Rechtsbehelfe, die durch eine Rechtsanwältin, einen Rechtsanwalt, durch eine Notarin, einen Notar, durch eine Behörde oder durch eine juristische Person des öffentlichen Rechts einschließlich der von ihr zur Erfüllung ihrer öffentlichen Aufgaben gebildeten Zusammenschlüsse eingereicht werden, sind als elektronisches Dokument einzureichen, es sei denn, dass dies aus technischen Gründen vorübergehend nicht möglich ist. In diesem Fall bleibt die Übermittlung nach den allgemeinen Vorschriften zulässig, wobei die vorübergehende Unmöglichkeit bei der Ersatzeinreichung oder unverzüglich danach glaubhaft zu machen ist. Auf Anforderung ist das elektronische Dokument nachzureichen.
Elektronische Dokumente müssen
|mit einer qualifizierten elektronischen Signatur der verantwortenden Person versehen sein oder
|von der verantwortenden Person signiert und auf einem sicheren Übermittlungsweg eingereicht werden.
Ein elektronisches Dokument, das mit einer qualifizierten elektronischen Signatur der verantwortenden Person versehen ist, darf wie folgt übermittelt werden:
|auf einem sicheren Übermittlungsweg oder
|an das für den Empfang elektronischer Dokumente eingerichtete Elektronische Gerichts- und Verwaltungspostfach (EGVP) des Gerichts.
Wegen der sicheren Übermittlungswege wird auf § 130a Absatz 4 der Zivilprozessordnung verwiesen.

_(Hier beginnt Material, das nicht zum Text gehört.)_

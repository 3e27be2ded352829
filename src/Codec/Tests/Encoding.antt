-- ===== src/Codec/Tests/Encoding.antt =====
-- The theorems on containers and on the other types of fixed width at concrete values.
use libamqp.Prelude.{
  ◌==◌, if◌then◌else◌, ◌-◌, ◌%◌, ◌^◌, ◌≡◌, refl, true, inl, inr, some, [], ◌∷◌, ◌++◌, arith,
}
use libamqp.Buffer.{unchecked_getc_at}
use libamqp.Codec.Flags.{is_list, is_array}
use libamqp.Codec.MetaData.Table.{meta_data_list_8}
use libamqp.Codec.State.{AmqpType, State}
use libamqp.Codec.State.Hoare.{Returns}
use libamqp.Codec.Decode.Run.{amqp_decode}
use libamqp.Codec.Encode.{add_element_to_container}
use libamqp.Codec.Encode.Fixed.{
  encode_ubyte, encode_byte, encode_ushort, encode_short, encode_float, encode_double,
  encode_timestamp,
}
use libamqp.Codec.Encode.Compound.{complete_container_type}
use libamqp.Codec.Encode.Containers.{Added, add_element_to_container_lem}
use libamqp.Codec.Encode.Completion.{field, complete_container_type_lem}
use libamqp.Codec.Encode.Overwrite.{Overwritten}
use libamqp.Codec.RoundTrip.FixedWidth.{ReadBack, decode-encode_fixed}
use libamqp.Codec.Encode.Variable.{encode_string, encode_symbol}
use libamqp.Codec.RoundTrip.DataTrip.{DataBack}
use libamqp.Codec.RoundTrip.Text.{decode-encode_text}
use libamqp.Codec.RoundTrip.Boolean.{decode_boolean_lem}
use libamqp.Codec.RoundTrip.Scalar.{Got}
use libamqp.Codec.Samples.{blank, state_of}

-- An open list of three bytes of elements, two of them, in the object at 1.
abbrev list_type : AmqpType
list_type = record blank {
  meta_data = some meta_data_list_8;
  typedef_flags = is_list;
  position_index = 2;
  word = 2;
  has_elements = true;
}

abbrev list_state : State
list_state = record (state_of (0xC0 ∷ 1 ∷ 0 ∷ 0x41 ∷ 0x52 ∷ 7 ∷ [])) {
  types = λ _. list_type;
  next_type = 5;
}

add_element_to_container_lem_example :
    Returns (add_element_to_container 1 3 list_state) (λ _ t. Added 1 3 0 list_state t)
add_element_to_container_lem_example =
    add_element_to_container_lem 1 3 0 list_state (omega arith) (omega arith) (omega arith)
      (inl refl) (inl refl)

-- An array at 1 with one element, at 2, and a new object at 3 that has another format code.
abbrev array_state : State
array_state = record (state_of (0xE0 ∷ 3 ∷ 1 ∷ 0x50 ∷ 7 ∷ [])) {
  types = λ q.
      if q == 1
      then record blank {
        typedef_flags = is_array;
        word = 1;
        has_elements = true;
        array_constructor = 2;
        elements = λ i. if i == 0 then 2 else 0;
      }
      else if q == 2
      then record blank { format_code = 0x50 }
      else record blank { format_code = 0x71 };
  next_type = 4;
}

complete_container_type_lem_example : Returns (complete_container_type 1 list_state) (λ q t.
    (q ≡ 1) × Overwritten list_state.buffer (2 - 1) (field 1 (6 - 2) ++ field 1 2) 4 t.buffer)
complete_container_type_lem_example =
    complete_container_type_lem 1 4 meta_data_list_8 list_state refl (inl refl) (omega arith)
      (omega arith) (omega arith) (inr (omega arith))

decode-encode_fixed_example :
    ReadBack (encode_ubyte 200) (state_of []) (λ w. w % 2 ^ 8 ≡ 200)
    × ReadBack (encode_byte 200) (state_of []) (λ w. w % 2 ^ 8 ≡ 200)
    × ReadBack (encode_ushort 60000) (state_of []) (λ w. w % 2 ^ 16 ≡ 60000)
    × ReadBack (encode_short 60000) (state_of []) (λ w. w % 2 ^ 16 ≡ 60000)
    × ReadBack (encode_float 0x3f800000) (state_of []) (λ w. w % 2 ^ 32 ≡ 0x3f800000)
    × ReadBack (encode_double 0x3ff0000000000000) (state_of []) (λ w. w ≡ 0x3ff0000000000000)
    × ReadBack (encode_timestamp 0x3ff0000000000000) (state_of []) (λ w. w ≡ 0x3ff0000000000000)
decode-encode_fixed_example =
    decode-encode_fixed 200 60000 0x3f800000 0x3ff0000000000000 (state_of []) (omega arith)
      (omega arith) (omega arith) (omega arith) refl (omega arith) (omega arith) refl

decode_boolean_lem_example :
    Returns (amqp_decode (state_of (0x41 ∷ []))) (Got (state_of (0x41 ∷ [])) 1 (λ w. w % 2 ^ 8 ≡ 1))
unfolding unchecked_getc_at
decode_boolean_lem_example = decode_boolean_lem true (state_of (0x41 ∷ [])) (omega arith) refl

decode-encode_text_example :
    DataBack (encode_string (0x68 ∷ 0x69 ∷ [])) (state_of []) (0x68 ∷ 0x69 ∷ [])
    × DataBack (encode_symbol (0x50 ∷ [])) (state_of []) (0x50 ∷ [])
decode-encode_text_example =
    decode-encode_text (0x68 ∷ 0x69 ∷ []) (0x50 ∷ []) (state_of []) (omega arith) (refl, (refl, tt))
      (omega arith) (refl, tt) (omega arith) (omega arith) (omega arith) (omega arith) refl
      (omega arith) (omega arith) (omega arith) refl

Hinsichtlich der weiteren Voraussetzungen zur elektronischen Kommunikation mit den Gerichten wird auf die Verordnung über die technischen Rahmenbedingungen des elektronischen Rechtsverkehrs und über das besondere elektronische Behördenpostfach (Elektronischer-Rechtsverkehr-Verordnung - ERVV) in der jeweils geltenden Fassung sowie auf die Internetseite www.justiz.de verwiesen.